Mark Ruge, of the Watch Tower Bible and Tract Society of Canada, said couples who can't conceive naturally are free to turn to modern techniques in their quest to become parents.
"The Bible doesn't comment on that subject at all and in Bible times there was no such technology," Ruge said from Georgetown, Ont.
"On matters other than what's stipulated in the Bible, it's up to a person's conscience or their free choice.
"There are a multitude of procedures and treatments out there to help us and so we want the best for us and our children," Ruge said.
That also means the religion has no issues with the feeding tubes and other technology that will be required to keep the babies alive until they are able to eat and breath on their own.
Ruge said the use of fertility drugs is not considered in the same category as the faith's prohibition on blood transfusions.
Jehovah's Witnesses cite a passage in the book of Acts that says to "keep abstaining from . . . blood" as a commandment from God to refuse blood transfusions, even for their children.

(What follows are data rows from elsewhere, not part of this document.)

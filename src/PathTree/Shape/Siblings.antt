-- ===== src/PathTree/Shape/Siblings.antt =====
-- A child that is no static segment has no siblings, and which child the iteration of the map meets
-- first then does not matter.
use event_gateway.Common.{
  ℕ, zero, suc, ◌%◌, ◌<◌, String, ◌≡◌, refl, sym, ◌∙◌, ◌⊎◌, inl, inr, true, false, some, eq_iff,
  arith, String-cases, ne_test, subst, some-ne-none,
}
use event_gateway.PathTree.Defs.{
  Node, Children, nil, entry, get, put, delete, nth, first, length, is_static_segment,
}
use event_gateway.PathTree.Children.{get-entry_self, get-entry_ne}
use event_gateway.PathTree.Shape.{AllStatic, IsAlone}

module _ {V : Type 0} where
  pub AllStatic-IsAlone : (cs : Children V) → AllStatic cs → IsAlone cs
  AllStatic-IsAlone nil h = tt
  AllStatic-IsAlone (entry k n nil) h = tt
  AllStatic-IsAlone (entry k n (entry j m cs)) h = h

  pub AllStatic-get :
      (s : String) (cs : Children V) (child : Node V)
      → get s cs ≡ some child
      → AllStatic cs
      → is_static_segment s ≡ true
  unfolding get
  AllStatic-get s nil child e h = absurd (cc)
  AllStatic-get s (entry k n cs) child e h = elim (String-cases k s) [
    | inl same ↦ subst (λ j. is_static_segment j ≡ true) same h.0
    | inr other ↦ AllStatic-get s cs child (sym (get-entry_ne k s n cs other) ∙ e) h.1
  ]

  pub AllStatic-put :
      (s : String) (cs : Children V) (child : Node V)
      → is_static_segment s ≡ true
      → AllStatic cs
      → AllStatic (put s child cs)
  unfolding put
  AllStatic-put s nil child static h = (static, tt)
  AllStatic-put s (entry k n cs) child static h = elim (String-cases k s) [
    | inl same ↦ rw ((eq_iff k s).1 same) (static, h.1)
    | inr other ↦ rw (ne_test k s other) (h.0, AllStatic-put s cs child static h.1)
  ]

  AllStatic-delete : (s : String) (cs : Children V) → AllStatic cs → AllStatic (delete s cs)
  unfolding delete
  AllStatic-delete s nil h = tt
  AllStatic-delete s (entry k n cs) h = elim (String-cases k s) [
    | inl same ↦ rw ((eq_iff k s).1 same) (AllStatic-delete s cs h.1)
    | inr other ↦ rw (ne_test k s other) (h.0, AllStatic-delete s cs h.1)
  ]

  pub IsAlone-delete : (s : String) (cs : Children V) → IsAlone cs → IsAlone (delete s cs)
  IsAlone-delete s nil h = unfold delete in tt
  IsAlone-delete s (entry k n nil) h =
      unfold delete in
      elim (String-cases k s) [
        | inl same ↦ rw ((eq_iff k s).1 same) tt
        | inr other ↦ rw (ne_test k s other) tt
      ]
  IsAlone-delete s (entry k n (entry j m cs)) h =
      AllStatic-IsAlone _ (AllStatic-delete s (entry k n (entry j m cs)) h)

  -- The only entry, where a child is there that is no static segment.
  pub IsAlone-get :
      (s : String) (cs : Children V) (child : Node V)
      → get s cs ≡ some child
      → IsAlone cs
      → is_static_segment s ≡ false
      → cs ≡ entry s child nil
  IsAlone-get s nil child e h dynamic = unfold get in absurd (cc)
  IsAlone-get s (entry k n nil) child e h dynamic = elim (String-cases k s) [
    | inl same ↦
        let found : n ≡ child = cc (get-entry_self k s n nil same) in
        λ i. entry (same i) (found i) nil
    | inr other ↦
        absurd (some-ne-none (sym (get-entry_ne k s n nil other) ∙ e) (unfold get in refl))
  ]
  IsAlone-get s (entry k n (entry j m cs)) child e h dynamic =
      absurd (let static = AllStatic-get s (entry k n (entry j m cs)) child e h in cc)

  pub IsAlone-put_existing :
      (s : String) (cs : Children V) (old child : Node V)
      → get s cs ≡ some old
      → IsAlone cs
      → IsAlone (put s child cs)
  IsAlone-put_existing s nil old child e h = unfold put in tt
  IsAlone-put_existing s (entry k n nil) old child e h = elim (String-cases k s) [
    | inl same ↦ unfold put in rw ((eq_iff k s).1 same) tt
    | inr other ↦
        absurd (some-ne-none (sym (get-entry_ne k s n nil other) ∙ e) (unfold get in refl))
  ]
  IsAlone-put_existing s (entry k n (entry j m cs)) old child e h =
      AllStatic-IsAlone _
        (AllStatic-put s _ child (AllStatic-get s (entry k n (entry j m cs)) old e h) h)

  -- A static child has only static siblings.
  pub IsAlone-static :
      (s : String) (cs : Children V) (child : Node V)
      → get s cs ≡ some child
      → IsAlone cs
      → is_static_segment s ≡ true
      → AllStatic cs
  IsAlone-static s nil child e h static = tt
  IsAlone-static s (entry k n nil) child e h static = elim (String-cases k s) [
    | inl same ↦ (subst (λ j. is_static_segment j ≡ true) (sym same) static, tt)
    | inr other ↦
        absurd (some-ne-none (sym (get-entry_ne k s n nil other) ∙ e) (unfold get in refl))
  ]
  IsAlone-static s (entry k n (entry j m cs)) child e h static = h

  nth-lt : (i : ℕ) (cs : Children V) → i < length cs → (child : Node V) × (nth i cs ≡ some child)
  unfolding nth
  nth-lt i nil h = absurd (omega arith)
  nth-lt zero (entry k n cs) h = (n, refl)
  nth-lt (suc i) (entry k n cs) h = nth-lt i cs (omega arith)

  -- The iteration of a map meets an entry, unless the map is empty.
  pub first-cases :
      (start : ℕ) (cs : Children V)
      → (cs ≡ nil) ⊎ ((child : Node V) × (first start cs ≡ some child))
  unfolding first
  first-cases start nil = inl refl
  first-cases start (entry k n cs) = inr (nth-lt _ (entry k n cs) (omega arith))

  pub first-entry : (start : ℕ) (k : String) (n : Node V) → first start (entry k n nil) ≡ some n
  unfolding first nth
  first-entry start k n = let only : start % 1 ≡ 0 = omega arith in rw only
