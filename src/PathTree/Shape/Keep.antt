-- ===== src/PathTree/Shape/Keep.antt =====
-- `AddRoute` and `DeleteRoute` keep the shape.
use event_gateway.Common.{
  ℕ, suc, String, ◌≡◌, refl, sym, ◌⊎◌, inl, inr, true, false, Option, none, some, List, [], ◌∷◌,
  ◌==◌, arith, Option-cases, Bool-cases, subst, ne_test, String-cases, some-ne-none,
}
use event_gateway.PathTree.Defs.{
  Node, Children, nil, node, get, put, first, children, with_value, replace, is_static_segment,
  is_wildcard, create_node, to_segments,
}
use event_gateway.PathTree.Add.{
  Visit-cases, enter, conflict, get_or_create, find_child, visit, visit-eq-enter, set_value,
  add_segments, set_root, add_route,
}
use event_gateway.PathTree.Shape.{
  HasShape, AllStatic, IsAlone, IsWellFormed, AreWellFormed, get-AreWellFormed, put-AreWellFormed,
  nth-AreWellFormed,
}
use event_gateway.PathTree.Shape.Siblings.{
  AllStatic-IsAlone, AllStatic-put, IsAlone-put_existing, IsAlone-static, first-cases,
}

module _ {V : Type 0} where
  -- A child may be put under `s`: it is there, or it is the first, or it and all others are static.
  abbrev pub HasRoom : String → Children V → Type 0
  HasRoom s cs =
      ((child : Node V) × (get s cs ≡ some child))
      ⊎ (cs ≡ nil)
      ⊎ (AllStatic cs × (is_static_segment s ≡ true))

  IsAlone-put :
      (s : String) (cs : Children V) (child : Node V)
      → HasRoom s cs
      → IsAlone cs
      → IsAlone (put s child cs)
  IsAlone-put s cs child (inl (old, e)) h = IsAlone-put_existing s cs old child e h
  IsAlone-put s cs child (inr (inl e)) h = rw e (unfold put in tt)
  IsAlone-put s cs child (inr (inr (all, static))) h =
      AllStatic-IsAlone _ (AllStatic-put s cs child static all)

  -- A child that no test of `AddRoute` refuses, met under another key, is static, and so is `s`.
  conflict-static :
      (route s k : String) (child : Node V)
      → HasShape k child
      → conflict route s child ≡ none
      → (k ≡ s) ⊎ ((is_static_segment k ≡ true) × (is_static_segment s ≡ true))
  unfolding conflict is_static_segment
  conflict-static route s k (node l cs p st pa wi v) shape e = elim (String-cases k s) [
    | inl same ↦ inl same
    | inr other ↦
        let differ : (l == s) ≡ false = rw shape.0 (ne_test k s other) in
        inr (ground arith, ground arith)
  ]

  -- An entry met under another key leaves room where the tests pass.
  HasRoom-first :
      (route s : String) (cs : Children V) (other : Node V) (start : ℕ)
      → AreWellFormed cs
      → IsAlone cs
      → get s cs ≡ none
      → first start cs ≡ some other
      → conflict route s other ≡ none
      → HasRoom s cs
  unfolding first
  HasRoom-first route s cs other start w alone missing met passed =
      let (k, found) = nth-AreWellFormed _ cs other met w in
      let (shape, _) = get-AreWellFormed k cs other found w in
      elim (conflict-static route s k other shape passed) [
        | inl same ↦ absurd (some-ne-none found (subst (λ j. get j cs ≡ none) (sym same) missing))
        | inr (old, new) ↦ inr (inr (IsAlone-static k cs other found alone old, new))
      ]

  visit-HasRoom :
      (start : ℕ) (route s : String) (n child : Node V)
      → IsWellFormed n
      → visit start route s n ≡ enter child
      → (is_wildcard n ≡ false) × HasRoom s (children n)
  unfolding visit find_child IsWellFormed
  visit-HasRoom start route s (node l cs p st pa wi v) child w e = elim (Option-cases (get s cs)) [
    | inr (old, found) ↦ (ground arith, inl (old, found))
    | inl missing ↦ elim (first-cases start cs) [
      | inl empty ↦ (ground arith, inr (inl empty))
      | inr (other, met) ↦
          (ground arith, HasRoom-first route s cs other start w.0 w.1 missing met (ground arith))
    ]
  ]

  get_or_create-WellFormed :
      (s : String) (cs : Children V)
      → AreWellFormed cs
      → HasShape s (get_or_create s cs) × IsWellFormed (get_or_create s cs)
  unfolding get_or_create create_node IsWellFormed
  get_or_create-WellFormed s cs w = elim (Option-cases (get s cs)) [
    | inl e ↦ rw (e, get_or_create) ((refl, refl, refl, refl, refl), (tt, tt, λ _. refl))
    | inr (child, e) ↦ rw (e, get_or_create) (get-AreWellFormed s cs child e w)
  ]

  pub replace-WellFormed :
      (s : String) (n child : Node V)
      → IsWellFormed n
      → is_wildcard n ≡ false
      → HasRoom s (children n)
      → HasShape s child
      → IsWellFormed child
      → IsWellFormed (replace s n child)
  unfolding IsWellFormed
  replace-WellFormed s (node l cs p st pa wi v) child w plain room shape ok =
      (put-AreWellFormed s cs child shape ok w.0, IsAlone-put s cs child room w.1, λ e. absurd (cc))

  -- What an operation does to a node keeps its shape under its key.
  pub replace-HasShape :
      (k s : String) (n child : Node V) → HasShape k n → HasShape k (replace s n child)
  replace-HasShape k s (node l cs p st pa wi v) child h = h

  pub with_value-keeps :
      (k : String) (v : Option V) (n : Node V)
      → HasShape k n
      → IsWellFormed n
      → HasShape k (with_value v n) × IsWellFormed (with_value v n)
  unfolding IsWellFormed
  with_value-keeps k v (node l cs p st pa wi u) h w = (h, w)

  -- The child that a round goes on with.
  entered :
      (s : String) (n child : Node V) (start : ℕ) (route : String)
      → IsWellFormed n
      → visit start route s n ≡ enter child
      → HasShape s child × IsWellFormed child
  unfolding IsWellFormed
  entered s (node l cs p st pa wi v) child start route w found =
      subst (λ c. HasShape s c × IsWellFormed c) (sym (visit-eq-enter start route s _ child found))
        (get_or_create-WellFormed s cs w.0)

  set_root-WellFormed : (v : V) (n : Node V) → IsWellFormed n → IsWellFormed (set_root v n).0
  unfolding set_root IsWellFormed
  set_root-WellFormed v (node l cs p st pa wi none) w = w
  set_root-WellFormed v (node l cs p st pa wi (some u)) w = w

  set_value-keeps :
      (k route : String) (v : V) (n : Node V)
      → HasShape k n
      → IsWellFormed n
      → HasShape k (set_value route v n).0 × IsWellFormed (set_value route v n).0
  unfolding set_value
  set_value-keeps k route v (node l cs p st pa wi none) h w =
      with_value-keeps k (some v) (node l cs p st pa wi none) h w
  set_value-keeps k route v (node l cs p st pa wi (some u)) h w = (h, w)

  add_segments-HasShape :
      (k route : String) (v : V) (choice : ℕ → ℕ) (segments : List String) (n : Node V)
      → HasShape k n
      → HasShape k (add_segments route v choice segments n).0
  unfolding add_segments
  add_segments-HasShape k route v choice [] n h = h
  add_segments-HasShape k route v choice (s ∷ []) n h =
      elim (Visit-cases (visit (choice 0) route s n)) [
        | inl (e, found) ↦ rw (found, add_segments) h
        | inr (child, found) ↦ rw (found, add_segments) (replace-HasShape k s n _ h)
      ]
  add_segments-HasShape k route v choice (s ∷ t ∷ rest) n h =
      elim (Visit-cases (visit (choice 0) route s n)) [
        | inl (e, found) ↦ rw (found, add_segments) h
        | inr (child, found) ↦ rw (found, add_segments) (replace-HasShape k s n _ h)
      ]

  add_segments-WellFormed :
      (route : String) (v : V) (choice : ℕ → ℕ) (segments : List String) (n : Node V)
      → IsWellFormed n
      → IsWellFormed (add_segments route v choice segments n).0
  unfolding add_segments
  add_segments-WellFormed route v choice [] n w = w
  add_segments-WellFormed route v choice (s ∷ []) n w =
      elim (Visit-cases (visit (choice 0) route s n)) [
        | inl (e, found) ↦ rw (found, add_segments) w
        | inr (child, found) ↦
            let (plain, room) = visit-HasRoom _ route s n child w found in
            let (shape, ok) = entered s n child _ route w found in
            let (shape', ok') = set_value-keeps s route v child shape ok in
            rw (found, add_segments) (replace-WellFormed s n _ w plain room shape' ok')
      ]
  add_segments-WellFormed route v choice (s ∷ t ∷ rest) n w =
      elim (Visit-cases (visit (choice 0) route s n)) [
        | inl (e, found) ↦ rw (found, add_segments) w
        | inr (child, found) ↦
            let (plain, room) = visit-HasRoom _ route s n child w found in
            let (shape, ok) = entered s n child _ route w found in
            rw (found, add_segments)
              (replace-WellFormed s n _ w plain room
                (add_segments-HasShape s route v (λ i. choice (suc i)) (t ∷ rest) child shape)
                (add_segments-WellFormed route v (λ i. choice (suc i)) (t ∷ rest) child ok))
      ]

  -- `AddRoute` keeps the tree well-formed, whatever it returns.
  pub add_route-WellFormed :
      (choice : ℕ → ℕ) (route : String) (v : V) (n : Node V)
      → IsWellFormed n
      → IsWellFormed (add_route choice route v n).0
  unfolding add_route
  add_route-WellFormed choice route v n w = elim (Bool-cases (route == "/")) [
    | inl root ↦ rw root (set_root-WellFormed v n w)
    | inr other ↦ rw other (add_segments-WellFormed route v choice (to_segments route) n w)
  ]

Prof. Arthur Schafer, director of the University of Manitoba's Centre for Professional and Applied Ethics, said while Jehovah's Witnesses say fertility treatment is OK based on the Bible not mentioning it, blood transfusions are also not dealt with in the Bible.
"Is there any consistency? I don't think so," Schafer said.
"Their interpretation may be puzzling or difficult to defend but given how they interpret the Bible they are following God's wishes in both cases," he said.
Jen Luloff, the mother of quadruplets in Plattsville, Ont., said she too was advised by doctors to abort two of her fetuses but chose not to.
"We believed if it was meant to be they would come," Luloff said as her kids, who will turn three on May 21, were singing while finishing their lunch.
Luloff said she took fertility drugs because she couldn't get pregnant otherwise.
But multiple births run in her family. Her mother is a twin and lost sextuplets conceived naturally.
Luloff's kids - Morgan, Owen, Hayden and Simon - are all healthy and happy.
She said the parents of the Vancouver sextuplets are likely overwhelmed.
"It's probably just hit them once they actually were born. With these guys, it didn't really feel real until I saw them . . . all these doctors pulling out all these babies."
Gail Moore, a spokeswoman for Multiple Births Canada, said parents who have a whole big bundle of joy arrive all at once need a lot of support from the community.
She said that in the past, national organizations stepped up to help families but now that's no longer the case because of the increasing number of multiple births.
Moore, who has twins, said she recently got the cold shoulder from a large car manufacturer when she asked about a discount program for families coping with several kids born at once.
"I was basically told that this is not a disease and this is a choice your community has made and we're not about to hand out money to that kind of a cause," she said from New Liskeard, Ont.
Moore said the greater number of multiple births in the last few years isn't just from women undergoing fertility treatment.
Women are having babies later and older women tend to conceive multiples.
Healthier and heavier women who are pregnant with multiples are also getting better health care than in the past, Moore said.
Women who have pined for a child for years need as much support as possible from the community because they've already endured so much emotional and financial stress just to have kids, she said.